• _Dataset entries_

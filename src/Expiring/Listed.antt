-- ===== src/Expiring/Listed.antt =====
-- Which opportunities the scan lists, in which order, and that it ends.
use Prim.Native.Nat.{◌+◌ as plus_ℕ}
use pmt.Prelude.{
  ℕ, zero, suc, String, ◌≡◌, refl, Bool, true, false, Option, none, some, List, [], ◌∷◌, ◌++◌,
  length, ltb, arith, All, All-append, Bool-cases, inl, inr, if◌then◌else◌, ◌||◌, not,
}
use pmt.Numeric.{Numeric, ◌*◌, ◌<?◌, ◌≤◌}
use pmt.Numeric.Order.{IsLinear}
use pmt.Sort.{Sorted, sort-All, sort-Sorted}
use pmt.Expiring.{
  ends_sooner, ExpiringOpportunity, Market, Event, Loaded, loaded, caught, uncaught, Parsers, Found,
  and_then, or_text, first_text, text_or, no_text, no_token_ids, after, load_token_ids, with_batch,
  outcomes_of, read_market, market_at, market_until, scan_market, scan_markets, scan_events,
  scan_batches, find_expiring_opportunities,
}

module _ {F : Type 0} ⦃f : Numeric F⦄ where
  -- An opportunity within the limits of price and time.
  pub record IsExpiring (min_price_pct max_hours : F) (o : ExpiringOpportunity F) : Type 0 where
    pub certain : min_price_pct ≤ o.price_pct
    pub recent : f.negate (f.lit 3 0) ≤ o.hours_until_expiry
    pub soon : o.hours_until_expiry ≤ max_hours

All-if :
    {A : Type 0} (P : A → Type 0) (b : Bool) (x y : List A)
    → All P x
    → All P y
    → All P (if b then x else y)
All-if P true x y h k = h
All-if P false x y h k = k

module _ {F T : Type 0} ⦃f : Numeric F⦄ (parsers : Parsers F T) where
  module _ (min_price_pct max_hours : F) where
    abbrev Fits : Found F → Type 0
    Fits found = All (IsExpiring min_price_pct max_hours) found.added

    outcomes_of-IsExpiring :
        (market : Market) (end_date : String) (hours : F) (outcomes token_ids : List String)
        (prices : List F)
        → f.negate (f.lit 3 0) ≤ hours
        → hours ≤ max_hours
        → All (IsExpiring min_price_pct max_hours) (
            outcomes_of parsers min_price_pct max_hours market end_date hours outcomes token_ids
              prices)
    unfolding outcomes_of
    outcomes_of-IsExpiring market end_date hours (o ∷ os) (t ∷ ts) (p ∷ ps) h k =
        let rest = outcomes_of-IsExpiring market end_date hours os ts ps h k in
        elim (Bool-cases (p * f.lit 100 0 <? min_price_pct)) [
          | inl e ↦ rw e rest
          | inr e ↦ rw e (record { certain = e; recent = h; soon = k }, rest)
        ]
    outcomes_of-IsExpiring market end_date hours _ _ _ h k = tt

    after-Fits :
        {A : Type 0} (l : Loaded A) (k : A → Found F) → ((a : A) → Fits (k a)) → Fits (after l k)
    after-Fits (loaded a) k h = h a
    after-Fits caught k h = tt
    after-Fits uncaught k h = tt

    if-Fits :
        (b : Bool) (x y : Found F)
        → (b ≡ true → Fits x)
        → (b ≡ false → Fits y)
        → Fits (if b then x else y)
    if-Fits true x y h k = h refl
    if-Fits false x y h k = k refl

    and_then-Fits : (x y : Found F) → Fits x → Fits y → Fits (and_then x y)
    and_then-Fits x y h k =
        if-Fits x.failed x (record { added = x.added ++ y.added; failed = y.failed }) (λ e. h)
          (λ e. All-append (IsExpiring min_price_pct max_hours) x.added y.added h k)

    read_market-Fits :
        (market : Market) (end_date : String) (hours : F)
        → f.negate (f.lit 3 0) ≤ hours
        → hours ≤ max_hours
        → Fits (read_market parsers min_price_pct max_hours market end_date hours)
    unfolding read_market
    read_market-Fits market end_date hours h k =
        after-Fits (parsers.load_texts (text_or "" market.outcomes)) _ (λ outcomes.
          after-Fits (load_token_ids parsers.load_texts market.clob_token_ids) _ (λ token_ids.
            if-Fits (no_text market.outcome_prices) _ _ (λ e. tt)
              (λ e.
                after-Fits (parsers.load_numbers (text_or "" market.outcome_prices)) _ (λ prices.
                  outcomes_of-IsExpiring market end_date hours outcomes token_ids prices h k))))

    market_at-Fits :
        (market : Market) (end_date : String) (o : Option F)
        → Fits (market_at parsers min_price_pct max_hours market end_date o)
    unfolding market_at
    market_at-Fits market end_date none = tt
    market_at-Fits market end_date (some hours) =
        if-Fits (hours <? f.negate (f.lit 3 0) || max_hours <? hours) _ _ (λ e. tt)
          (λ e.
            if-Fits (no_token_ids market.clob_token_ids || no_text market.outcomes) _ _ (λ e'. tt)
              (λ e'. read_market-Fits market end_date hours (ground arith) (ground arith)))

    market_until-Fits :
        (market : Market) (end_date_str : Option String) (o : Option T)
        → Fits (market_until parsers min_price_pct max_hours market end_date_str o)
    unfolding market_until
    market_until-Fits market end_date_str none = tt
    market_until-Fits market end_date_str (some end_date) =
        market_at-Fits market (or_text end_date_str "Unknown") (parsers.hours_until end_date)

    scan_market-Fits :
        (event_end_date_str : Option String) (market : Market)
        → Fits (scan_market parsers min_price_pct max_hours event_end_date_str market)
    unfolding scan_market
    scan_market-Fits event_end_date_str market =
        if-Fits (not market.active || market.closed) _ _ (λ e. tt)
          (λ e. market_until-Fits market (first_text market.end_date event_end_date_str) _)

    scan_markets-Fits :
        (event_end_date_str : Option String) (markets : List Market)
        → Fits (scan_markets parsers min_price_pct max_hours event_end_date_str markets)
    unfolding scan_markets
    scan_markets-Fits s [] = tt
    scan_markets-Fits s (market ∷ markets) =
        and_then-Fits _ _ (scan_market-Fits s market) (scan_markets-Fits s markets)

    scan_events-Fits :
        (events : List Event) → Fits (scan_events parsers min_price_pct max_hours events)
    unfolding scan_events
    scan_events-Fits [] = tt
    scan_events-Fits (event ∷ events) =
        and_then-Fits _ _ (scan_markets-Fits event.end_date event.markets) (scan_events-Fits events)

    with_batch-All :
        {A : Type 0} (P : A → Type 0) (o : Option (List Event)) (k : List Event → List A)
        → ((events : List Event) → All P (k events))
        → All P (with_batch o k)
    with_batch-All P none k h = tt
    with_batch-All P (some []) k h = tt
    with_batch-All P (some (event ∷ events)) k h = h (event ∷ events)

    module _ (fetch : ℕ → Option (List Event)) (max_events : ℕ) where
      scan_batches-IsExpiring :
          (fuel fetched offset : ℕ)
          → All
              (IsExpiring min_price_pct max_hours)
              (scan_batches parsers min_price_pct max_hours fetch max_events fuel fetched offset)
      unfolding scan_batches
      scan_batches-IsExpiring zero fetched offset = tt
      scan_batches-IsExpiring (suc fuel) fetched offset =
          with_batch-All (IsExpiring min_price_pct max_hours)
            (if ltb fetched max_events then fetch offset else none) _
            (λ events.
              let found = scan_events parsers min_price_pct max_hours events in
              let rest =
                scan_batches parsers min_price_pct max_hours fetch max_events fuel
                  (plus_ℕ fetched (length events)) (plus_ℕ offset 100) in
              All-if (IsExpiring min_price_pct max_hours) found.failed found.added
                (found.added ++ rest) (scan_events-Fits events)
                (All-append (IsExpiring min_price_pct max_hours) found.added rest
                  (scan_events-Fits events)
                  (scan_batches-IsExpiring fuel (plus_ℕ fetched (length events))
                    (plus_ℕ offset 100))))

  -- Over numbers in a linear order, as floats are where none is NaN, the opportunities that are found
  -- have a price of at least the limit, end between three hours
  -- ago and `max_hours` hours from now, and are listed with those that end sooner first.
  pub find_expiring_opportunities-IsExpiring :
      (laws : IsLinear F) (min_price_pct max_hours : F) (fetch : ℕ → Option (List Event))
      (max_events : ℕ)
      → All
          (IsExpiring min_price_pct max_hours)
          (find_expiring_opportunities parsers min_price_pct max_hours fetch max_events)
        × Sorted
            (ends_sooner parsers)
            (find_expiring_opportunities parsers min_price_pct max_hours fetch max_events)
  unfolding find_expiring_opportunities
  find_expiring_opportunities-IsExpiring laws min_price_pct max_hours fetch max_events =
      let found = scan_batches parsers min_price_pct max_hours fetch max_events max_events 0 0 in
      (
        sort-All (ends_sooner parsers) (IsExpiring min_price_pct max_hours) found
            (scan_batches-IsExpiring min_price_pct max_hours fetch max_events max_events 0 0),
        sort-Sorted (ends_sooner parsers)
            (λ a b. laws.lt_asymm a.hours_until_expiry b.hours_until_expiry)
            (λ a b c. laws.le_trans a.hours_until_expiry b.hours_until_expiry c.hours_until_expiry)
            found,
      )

• _Your assignment_
Each line of the entries above that contains "where" is to be copied.

• _Task output_
module _ {F : Type 0} ⦃f : Numeric F⦄ where
  pub record IsExpiring (min_price_pct max_hours : F) (o : ExpiringOpportunity F) : Type 0 where
module _ {F T : Type 0} ⦃f : Numeric F⦄ (parsers : Parsers F T) where
  module _ (min_price_pct max_hours : F) where
    module _ (fetch : ℕ → Option (List Event)) (max_events : ℕ) where
  -- Over numbers in a linear order, as floats are where none is NaN, the opportunities that are found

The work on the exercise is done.